TASK BRIEF: Please restate, word for word, the lines below that begin at the one with "(call-Quiet (txn_abort handle)" and end at the one with "finish_abort-Ends txn w". Leave out all other lines.

[Stored records]
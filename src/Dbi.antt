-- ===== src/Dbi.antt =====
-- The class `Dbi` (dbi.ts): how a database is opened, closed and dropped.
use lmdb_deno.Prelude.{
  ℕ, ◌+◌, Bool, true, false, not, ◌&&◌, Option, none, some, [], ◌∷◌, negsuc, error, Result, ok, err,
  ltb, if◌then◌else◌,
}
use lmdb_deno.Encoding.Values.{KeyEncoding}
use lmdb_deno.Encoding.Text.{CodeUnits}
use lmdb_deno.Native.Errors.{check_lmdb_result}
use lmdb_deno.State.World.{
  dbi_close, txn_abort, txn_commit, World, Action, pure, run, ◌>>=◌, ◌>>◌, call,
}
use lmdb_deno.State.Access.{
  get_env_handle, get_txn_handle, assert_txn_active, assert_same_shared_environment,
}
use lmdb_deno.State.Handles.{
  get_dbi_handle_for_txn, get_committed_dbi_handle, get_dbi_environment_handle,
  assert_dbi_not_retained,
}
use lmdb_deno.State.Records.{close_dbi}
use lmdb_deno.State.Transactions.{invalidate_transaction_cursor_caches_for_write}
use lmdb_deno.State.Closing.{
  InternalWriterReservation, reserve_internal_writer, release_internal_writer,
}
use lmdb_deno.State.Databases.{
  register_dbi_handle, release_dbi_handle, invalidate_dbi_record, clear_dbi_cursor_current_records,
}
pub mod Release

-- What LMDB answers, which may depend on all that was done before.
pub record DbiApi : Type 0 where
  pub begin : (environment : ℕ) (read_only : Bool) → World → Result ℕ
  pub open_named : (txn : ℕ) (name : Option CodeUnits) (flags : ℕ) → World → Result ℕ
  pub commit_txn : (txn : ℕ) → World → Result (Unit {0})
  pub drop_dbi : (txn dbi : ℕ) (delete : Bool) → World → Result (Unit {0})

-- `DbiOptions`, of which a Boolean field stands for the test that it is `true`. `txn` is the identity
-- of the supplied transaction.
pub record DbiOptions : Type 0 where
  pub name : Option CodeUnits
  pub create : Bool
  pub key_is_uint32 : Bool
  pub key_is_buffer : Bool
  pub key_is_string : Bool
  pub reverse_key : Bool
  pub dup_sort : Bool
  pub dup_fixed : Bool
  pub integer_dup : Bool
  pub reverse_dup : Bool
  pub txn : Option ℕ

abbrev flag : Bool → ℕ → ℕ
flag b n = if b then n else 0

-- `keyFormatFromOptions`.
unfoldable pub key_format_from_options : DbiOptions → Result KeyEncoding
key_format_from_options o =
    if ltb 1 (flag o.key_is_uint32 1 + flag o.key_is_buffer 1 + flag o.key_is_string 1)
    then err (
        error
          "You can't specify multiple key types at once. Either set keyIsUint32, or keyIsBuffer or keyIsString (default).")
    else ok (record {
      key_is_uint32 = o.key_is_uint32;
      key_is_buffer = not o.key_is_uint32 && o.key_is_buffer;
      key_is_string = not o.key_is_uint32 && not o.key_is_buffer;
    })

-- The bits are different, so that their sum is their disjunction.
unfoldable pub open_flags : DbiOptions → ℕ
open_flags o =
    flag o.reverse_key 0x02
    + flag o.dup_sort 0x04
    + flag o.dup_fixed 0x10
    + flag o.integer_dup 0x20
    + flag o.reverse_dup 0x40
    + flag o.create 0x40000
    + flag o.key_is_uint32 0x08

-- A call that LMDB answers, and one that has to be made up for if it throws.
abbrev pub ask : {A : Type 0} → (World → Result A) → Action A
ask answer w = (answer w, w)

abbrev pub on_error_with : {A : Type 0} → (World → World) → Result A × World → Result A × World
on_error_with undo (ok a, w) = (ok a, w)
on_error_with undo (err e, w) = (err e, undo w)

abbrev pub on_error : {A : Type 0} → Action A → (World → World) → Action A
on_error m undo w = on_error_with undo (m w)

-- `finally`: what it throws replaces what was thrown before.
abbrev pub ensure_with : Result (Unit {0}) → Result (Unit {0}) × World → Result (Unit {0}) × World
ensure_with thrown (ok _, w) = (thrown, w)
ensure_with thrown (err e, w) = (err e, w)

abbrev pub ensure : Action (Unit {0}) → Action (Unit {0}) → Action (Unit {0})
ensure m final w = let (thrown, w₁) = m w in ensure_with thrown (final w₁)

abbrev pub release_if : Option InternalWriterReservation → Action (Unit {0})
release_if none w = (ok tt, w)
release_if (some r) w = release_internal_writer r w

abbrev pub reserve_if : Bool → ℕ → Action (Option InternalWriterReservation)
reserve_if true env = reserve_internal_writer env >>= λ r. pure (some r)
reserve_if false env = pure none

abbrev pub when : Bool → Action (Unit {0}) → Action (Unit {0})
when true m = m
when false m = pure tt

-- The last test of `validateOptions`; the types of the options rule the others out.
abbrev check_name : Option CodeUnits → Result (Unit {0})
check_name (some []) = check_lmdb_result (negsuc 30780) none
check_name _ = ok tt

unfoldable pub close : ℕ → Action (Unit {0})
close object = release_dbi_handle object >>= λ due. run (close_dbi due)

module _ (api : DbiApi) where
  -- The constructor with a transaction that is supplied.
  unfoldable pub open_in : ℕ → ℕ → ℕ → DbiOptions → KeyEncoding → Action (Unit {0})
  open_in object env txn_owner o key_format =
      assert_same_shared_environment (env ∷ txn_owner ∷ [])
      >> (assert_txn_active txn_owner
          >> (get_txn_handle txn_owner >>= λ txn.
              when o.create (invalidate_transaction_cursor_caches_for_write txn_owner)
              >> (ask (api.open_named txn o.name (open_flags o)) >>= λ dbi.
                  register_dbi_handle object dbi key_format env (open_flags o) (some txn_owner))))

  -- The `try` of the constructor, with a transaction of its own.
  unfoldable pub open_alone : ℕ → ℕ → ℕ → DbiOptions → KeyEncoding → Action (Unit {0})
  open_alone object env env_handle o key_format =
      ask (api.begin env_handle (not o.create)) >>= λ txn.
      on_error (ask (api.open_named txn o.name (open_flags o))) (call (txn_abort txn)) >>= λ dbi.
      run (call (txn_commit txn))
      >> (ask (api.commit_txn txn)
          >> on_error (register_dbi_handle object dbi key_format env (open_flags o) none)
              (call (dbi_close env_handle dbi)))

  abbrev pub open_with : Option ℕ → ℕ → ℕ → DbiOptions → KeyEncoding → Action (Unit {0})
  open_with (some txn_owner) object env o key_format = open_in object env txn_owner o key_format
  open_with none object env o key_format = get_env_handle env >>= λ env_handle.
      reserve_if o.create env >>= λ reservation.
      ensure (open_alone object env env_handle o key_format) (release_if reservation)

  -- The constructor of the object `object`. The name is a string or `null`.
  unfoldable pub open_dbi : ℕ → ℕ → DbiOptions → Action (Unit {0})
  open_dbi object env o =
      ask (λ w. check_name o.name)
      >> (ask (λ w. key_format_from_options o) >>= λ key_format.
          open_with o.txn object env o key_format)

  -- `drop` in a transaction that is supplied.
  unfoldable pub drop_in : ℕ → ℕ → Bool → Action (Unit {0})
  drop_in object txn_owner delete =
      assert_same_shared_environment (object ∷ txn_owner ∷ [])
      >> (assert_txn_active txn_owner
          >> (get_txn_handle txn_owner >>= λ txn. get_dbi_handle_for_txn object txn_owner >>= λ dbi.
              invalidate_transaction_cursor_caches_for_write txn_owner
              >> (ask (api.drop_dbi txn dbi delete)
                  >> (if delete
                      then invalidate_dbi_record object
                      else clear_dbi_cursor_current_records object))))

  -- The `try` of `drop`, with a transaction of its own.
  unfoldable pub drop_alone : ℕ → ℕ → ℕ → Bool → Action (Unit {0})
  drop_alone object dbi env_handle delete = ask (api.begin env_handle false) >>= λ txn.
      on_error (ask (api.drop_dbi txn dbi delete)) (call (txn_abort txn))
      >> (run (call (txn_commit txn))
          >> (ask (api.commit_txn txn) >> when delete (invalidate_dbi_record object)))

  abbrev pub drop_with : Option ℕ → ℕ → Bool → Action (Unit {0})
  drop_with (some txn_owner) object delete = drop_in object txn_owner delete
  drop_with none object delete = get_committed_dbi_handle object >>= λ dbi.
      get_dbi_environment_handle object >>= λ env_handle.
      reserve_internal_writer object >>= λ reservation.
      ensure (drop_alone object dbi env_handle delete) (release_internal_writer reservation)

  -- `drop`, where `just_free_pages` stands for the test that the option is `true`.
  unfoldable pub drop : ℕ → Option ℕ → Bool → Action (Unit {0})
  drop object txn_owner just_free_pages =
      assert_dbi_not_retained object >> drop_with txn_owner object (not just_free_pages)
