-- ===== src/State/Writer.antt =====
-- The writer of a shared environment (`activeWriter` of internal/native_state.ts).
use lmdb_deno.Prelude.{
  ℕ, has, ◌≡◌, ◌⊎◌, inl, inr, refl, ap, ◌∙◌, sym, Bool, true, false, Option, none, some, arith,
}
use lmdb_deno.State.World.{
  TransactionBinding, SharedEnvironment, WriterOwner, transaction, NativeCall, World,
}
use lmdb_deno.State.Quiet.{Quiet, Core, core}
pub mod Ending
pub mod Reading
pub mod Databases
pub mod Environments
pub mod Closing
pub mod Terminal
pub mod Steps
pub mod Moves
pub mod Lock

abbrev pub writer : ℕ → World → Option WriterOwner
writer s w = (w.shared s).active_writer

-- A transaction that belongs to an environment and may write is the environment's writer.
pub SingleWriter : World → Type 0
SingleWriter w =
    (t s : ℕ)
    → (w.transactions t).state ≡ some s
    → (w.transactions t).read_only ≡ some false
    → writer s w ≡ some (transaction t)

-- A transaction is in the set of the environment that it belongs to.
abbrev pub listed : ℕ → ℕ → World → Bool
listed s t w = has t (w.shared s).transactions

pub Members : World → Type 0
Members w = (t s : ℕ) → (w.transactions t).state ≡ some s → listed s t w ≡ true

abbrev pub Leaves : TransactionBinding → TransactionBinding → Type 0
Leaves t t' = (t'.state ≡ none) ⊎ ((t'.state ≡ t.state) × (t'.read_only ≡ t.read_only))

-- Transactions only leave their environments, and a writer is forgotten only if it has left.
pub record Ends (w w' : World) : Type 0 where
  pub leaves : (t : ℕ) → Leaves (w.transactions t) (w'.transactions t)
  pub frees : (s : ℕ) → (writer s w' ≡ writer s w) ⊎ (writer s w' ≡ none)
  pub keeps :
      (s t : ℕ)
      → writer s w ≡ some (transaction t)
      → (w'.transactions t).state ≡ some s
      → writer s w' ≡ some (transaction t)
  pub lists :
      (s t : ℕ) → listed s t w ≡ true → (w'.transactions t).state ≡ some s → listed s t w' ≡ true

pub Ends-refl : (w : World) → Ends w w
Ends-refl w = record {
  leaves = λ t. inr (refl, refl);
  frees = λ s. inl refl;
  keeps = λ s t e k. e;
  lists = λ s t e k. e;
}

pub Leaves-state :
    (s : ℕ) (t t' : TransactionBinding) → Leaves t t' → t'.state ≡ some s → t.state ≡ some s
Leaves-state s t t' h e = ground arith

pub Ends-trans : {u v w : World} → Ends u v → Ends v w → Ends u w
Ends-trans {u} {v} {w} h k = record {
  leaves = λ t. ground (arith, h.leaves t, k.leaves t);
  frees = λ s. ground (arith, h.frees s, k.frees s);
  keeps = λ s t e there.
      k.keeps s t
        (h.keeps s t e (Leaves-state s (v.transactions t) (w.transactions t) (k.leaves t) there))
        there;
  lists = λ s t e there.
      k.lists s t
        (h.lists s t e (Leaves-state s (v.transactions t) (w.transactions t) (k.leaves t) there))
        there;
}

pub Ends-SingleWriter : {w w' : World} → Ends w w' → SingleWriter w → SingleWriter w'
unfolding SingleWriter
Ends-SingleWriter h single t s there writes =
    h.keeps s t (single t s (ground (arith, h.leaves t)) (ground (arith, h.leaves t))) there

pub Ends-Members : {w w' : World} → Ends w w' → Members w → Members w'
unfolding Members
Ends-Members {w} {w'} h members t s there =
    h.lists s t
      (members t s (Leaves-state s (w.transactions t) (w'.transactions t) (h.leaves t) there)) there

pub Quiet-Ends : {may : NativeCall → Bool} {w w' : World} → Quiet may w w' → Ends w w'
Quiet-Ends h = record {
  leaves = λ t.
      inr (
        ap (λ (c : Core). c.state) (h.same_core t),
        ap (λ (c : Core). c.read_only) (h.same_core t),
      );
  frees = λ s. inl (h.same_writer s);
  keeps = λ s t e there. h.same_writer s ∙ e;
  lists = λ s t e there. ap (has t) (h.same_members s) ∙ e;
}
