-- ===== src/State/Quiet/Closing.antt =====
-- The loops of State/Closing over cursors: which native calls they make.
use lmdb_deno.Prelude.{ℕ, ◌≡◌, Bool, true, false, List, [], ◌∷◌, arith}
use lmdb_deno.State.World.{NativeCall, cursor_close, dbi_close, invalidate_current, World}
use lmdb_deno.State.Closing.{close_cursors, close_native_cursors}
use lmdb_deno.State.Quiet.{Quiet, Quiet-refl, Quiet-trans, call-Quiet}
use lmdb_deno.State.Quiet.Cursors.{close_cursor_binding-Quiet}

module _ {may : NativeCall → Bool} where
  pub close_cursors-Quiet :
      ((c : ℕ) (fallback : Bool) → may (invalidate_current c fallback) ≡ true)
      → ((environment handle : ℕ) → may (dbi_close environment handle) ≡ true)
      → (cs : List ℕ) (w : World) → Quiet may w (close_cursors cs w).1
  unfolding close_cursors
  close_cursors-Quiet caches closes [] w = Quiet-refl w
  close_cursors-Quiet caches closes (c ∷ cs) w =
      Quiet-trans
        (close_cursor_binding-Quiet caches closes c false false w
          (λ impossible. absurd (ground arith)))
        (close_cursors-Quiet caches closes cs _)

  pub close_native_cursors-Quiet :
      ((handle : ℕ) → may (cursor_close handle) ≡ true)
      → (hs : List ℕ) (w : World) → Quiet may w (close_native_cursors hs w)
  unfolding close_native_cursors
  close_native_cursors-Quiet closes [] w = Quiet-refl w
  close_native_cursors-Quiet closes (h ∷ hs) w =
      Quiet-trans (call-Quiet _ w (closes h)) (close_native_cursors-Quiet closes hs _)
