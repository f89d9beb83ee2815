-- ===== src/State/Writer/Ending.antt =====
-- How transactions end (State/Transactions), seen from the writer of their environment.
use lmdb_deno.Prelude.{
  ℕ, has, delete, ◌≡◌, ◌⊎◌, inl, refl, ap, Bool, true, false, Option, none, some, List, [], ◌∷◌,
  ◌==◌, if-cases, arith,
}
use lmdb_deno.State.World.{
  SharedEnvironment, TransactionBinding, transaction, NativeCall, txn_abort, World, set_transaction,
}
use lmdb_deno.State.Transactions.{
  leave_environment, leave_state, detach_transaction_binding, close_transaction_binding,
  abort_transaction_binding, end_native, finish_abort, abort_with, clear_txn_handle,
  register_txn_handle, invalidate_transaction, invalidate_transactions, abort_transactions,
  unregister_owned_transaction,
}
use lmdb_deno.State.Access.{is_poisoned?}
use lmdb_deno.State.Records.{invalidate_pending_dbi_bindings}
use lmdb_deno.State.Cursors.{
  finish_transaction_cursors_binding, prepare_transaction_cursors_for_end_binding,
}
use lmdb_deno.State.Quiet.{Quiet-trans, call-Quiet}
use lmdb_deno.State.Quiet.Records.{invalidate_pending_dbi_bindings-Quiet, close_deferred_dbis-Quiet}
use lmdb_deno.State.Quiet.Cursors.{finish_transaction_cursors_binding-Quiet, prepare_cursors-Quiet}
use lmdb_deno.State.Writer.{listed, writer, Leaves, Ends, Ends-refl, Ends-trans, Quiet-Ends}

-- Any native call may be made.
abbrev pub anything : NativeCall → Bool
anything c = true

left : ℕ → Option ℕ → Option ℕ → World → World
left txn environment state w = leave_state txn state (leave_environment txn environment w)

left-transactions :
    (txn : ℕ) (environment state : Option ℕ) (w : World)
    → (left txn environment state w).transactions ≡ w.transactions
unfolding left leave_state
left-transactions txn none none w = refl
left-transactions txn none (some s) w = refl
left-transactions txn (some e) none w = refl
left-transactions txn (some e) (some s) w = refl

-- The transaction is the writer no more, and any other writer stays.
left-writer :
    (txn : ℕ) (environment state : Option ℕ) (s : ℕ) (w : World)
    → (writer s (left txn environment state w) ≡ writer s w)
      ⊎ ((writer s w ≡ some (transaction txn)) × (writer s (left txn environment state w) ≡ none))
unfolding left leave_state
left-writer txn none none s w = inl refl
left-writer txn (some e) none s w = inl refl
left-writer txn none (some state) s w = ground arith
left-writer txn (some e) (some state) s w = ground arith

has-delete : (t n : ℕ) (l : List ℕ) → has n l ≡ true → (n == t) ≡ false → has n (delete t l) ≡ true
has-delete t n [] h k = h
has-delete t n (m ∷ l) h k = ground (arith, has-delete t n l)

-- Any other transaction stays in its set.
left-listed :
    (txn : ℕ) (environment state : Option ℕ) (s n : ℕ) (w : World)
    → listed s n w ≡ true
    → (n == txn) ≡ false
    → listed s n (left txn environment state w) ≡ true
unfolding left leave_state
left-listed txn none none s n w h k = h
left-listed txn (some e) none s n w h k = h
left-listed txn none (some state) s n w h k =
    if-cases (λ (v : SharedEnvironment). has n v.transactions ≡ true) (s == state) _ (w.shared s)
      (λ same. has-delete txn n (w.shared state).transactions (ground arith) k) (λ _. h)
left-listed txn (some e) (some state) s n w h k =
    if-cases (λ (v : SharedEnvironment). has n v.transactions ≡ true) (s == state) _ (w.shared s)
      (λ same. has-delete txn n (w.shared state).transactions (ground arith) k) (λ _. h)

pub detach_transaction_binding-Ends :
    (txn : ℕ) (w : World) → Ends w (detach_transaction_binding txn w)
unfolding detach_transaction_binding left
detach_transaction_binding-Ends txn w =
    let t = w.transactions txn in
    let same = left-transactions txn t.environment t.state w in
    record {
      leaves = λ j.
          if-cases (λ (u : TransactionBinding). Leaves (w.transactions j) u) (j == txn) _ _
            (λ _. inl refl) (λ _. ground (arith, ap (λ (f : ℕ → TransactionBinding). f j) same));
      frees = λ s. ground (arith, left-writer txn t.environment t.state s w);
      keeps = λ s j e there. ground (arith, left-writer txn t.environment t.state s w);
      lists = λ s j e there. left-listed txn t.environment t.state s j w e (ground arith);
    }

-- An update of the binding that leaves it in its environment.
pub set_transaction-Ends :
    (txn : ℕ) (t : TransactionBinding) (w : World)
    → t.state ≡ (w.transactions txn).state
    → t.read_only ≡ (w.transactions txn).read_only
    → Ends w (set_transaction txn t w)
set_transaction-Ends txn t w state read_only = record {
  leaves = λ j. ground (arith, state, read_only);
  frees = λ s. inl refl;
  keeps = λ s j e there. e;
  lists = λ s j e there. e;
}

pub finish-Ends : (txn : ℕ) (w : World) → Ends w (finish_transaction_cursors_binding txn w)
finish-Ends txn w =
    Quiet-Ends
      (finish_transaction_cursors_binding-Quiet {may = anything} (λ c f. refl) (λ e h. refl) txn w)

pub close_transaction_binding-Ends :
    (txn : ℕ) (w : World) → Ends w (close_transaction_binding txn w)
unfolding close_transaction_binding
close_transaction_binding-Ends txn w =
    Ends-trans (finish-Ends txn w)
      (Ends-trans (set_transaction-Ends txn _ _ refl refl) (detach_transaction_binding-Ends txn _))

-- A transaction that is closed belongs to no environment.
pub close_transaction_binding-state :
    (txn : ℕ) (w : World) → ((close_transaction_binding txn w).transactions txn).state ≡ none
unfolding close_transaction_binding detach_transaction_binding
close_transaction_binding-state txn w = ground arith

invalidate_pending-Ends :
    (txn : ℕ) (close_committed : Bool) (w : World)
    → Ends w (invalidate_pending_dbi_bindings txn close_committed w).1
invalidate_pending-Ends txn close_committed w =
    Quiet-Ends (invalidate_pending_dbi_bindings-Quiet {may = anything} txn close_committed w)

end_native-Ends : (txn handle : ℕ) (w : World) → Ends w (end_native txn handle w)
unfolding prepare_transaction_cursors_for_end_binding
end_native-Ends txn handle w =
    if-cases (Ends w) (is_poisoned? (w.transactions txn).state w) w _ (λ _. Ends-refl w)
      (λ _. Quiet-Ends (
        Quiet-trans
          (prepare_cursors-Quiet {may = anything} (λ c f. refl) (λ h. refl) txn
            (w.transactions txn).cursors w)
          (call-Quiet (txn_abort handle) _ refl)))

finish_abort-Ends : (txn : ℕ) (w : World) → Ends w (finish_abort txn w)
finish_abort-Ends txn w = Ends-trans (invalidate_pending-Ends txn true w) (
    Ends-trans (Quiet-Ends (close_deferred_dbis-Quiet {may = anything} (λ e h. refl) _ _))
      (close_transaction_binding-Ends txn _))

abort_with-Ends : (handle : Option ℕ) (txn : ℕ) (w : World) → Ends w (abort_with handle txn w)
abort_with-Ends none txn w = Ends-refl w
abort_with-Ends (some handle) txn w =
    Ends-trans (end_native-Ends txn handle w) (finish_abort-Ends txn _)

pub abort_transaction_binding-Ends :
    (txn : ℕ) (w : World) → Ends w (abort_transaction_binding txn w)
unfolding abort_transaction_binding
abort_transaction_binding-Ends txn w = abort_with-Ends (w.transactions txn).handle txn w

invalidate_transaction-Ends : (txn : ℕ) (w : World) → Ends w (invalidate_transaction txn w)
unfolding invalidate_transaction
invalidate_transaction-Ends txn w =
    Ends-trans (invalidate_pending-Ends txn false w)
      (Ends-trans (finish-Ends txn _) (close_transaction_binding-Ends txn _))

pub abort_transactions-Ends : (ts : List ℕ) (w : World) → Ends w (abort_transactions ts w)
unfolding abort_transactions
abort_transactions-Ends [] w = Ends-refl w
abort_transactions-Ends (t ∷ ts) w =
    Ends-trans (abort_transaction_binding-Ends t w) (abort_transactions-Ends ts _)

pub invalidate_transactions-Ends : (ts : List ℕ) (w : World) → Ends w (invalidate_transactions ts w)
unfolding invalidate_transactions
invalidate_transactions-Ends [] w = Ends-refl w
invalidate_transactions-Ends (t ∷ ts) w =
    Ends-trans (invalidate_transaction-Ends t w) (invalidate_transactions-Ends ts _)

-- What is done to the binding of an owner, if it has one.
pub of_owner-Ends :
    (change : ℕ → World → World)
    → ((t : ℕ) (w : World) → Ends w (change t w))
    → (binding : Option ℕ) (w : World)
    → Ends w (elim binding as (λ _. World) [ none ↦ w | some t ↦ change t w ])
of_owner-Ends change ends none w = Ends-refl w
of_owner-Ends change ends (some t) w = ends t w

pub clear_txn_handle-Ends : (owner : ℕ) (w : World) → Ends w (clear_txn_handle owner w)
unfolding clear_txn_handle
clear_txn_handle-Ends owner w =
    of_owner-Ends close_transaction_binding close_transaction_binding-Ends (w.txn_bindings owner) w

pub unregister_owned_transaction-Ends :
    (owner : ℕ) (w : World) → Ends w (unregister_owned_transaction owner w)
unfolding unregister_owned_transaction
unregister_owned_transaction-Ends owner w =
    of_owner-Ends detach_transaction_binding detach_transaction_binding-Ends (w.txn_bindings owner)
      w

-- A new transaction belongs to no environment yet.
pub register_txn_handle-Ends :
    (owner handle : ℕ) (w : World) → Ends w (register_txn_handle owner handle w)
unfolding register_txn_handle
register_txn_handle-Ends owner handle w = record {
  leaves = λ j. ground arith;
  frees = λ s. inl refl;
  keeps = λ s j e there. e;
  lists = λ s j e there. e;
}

TASK SOLUTION:
          (call-Quiet (txn_abort handle) _ refl)))

finish_abort-Ends : (txn : ℕ) (w : World) → Ends w (finish_abort txn w)
finish_abort-Ends txn w = Ends-trans (invalidate_pending-Ends txn true w) (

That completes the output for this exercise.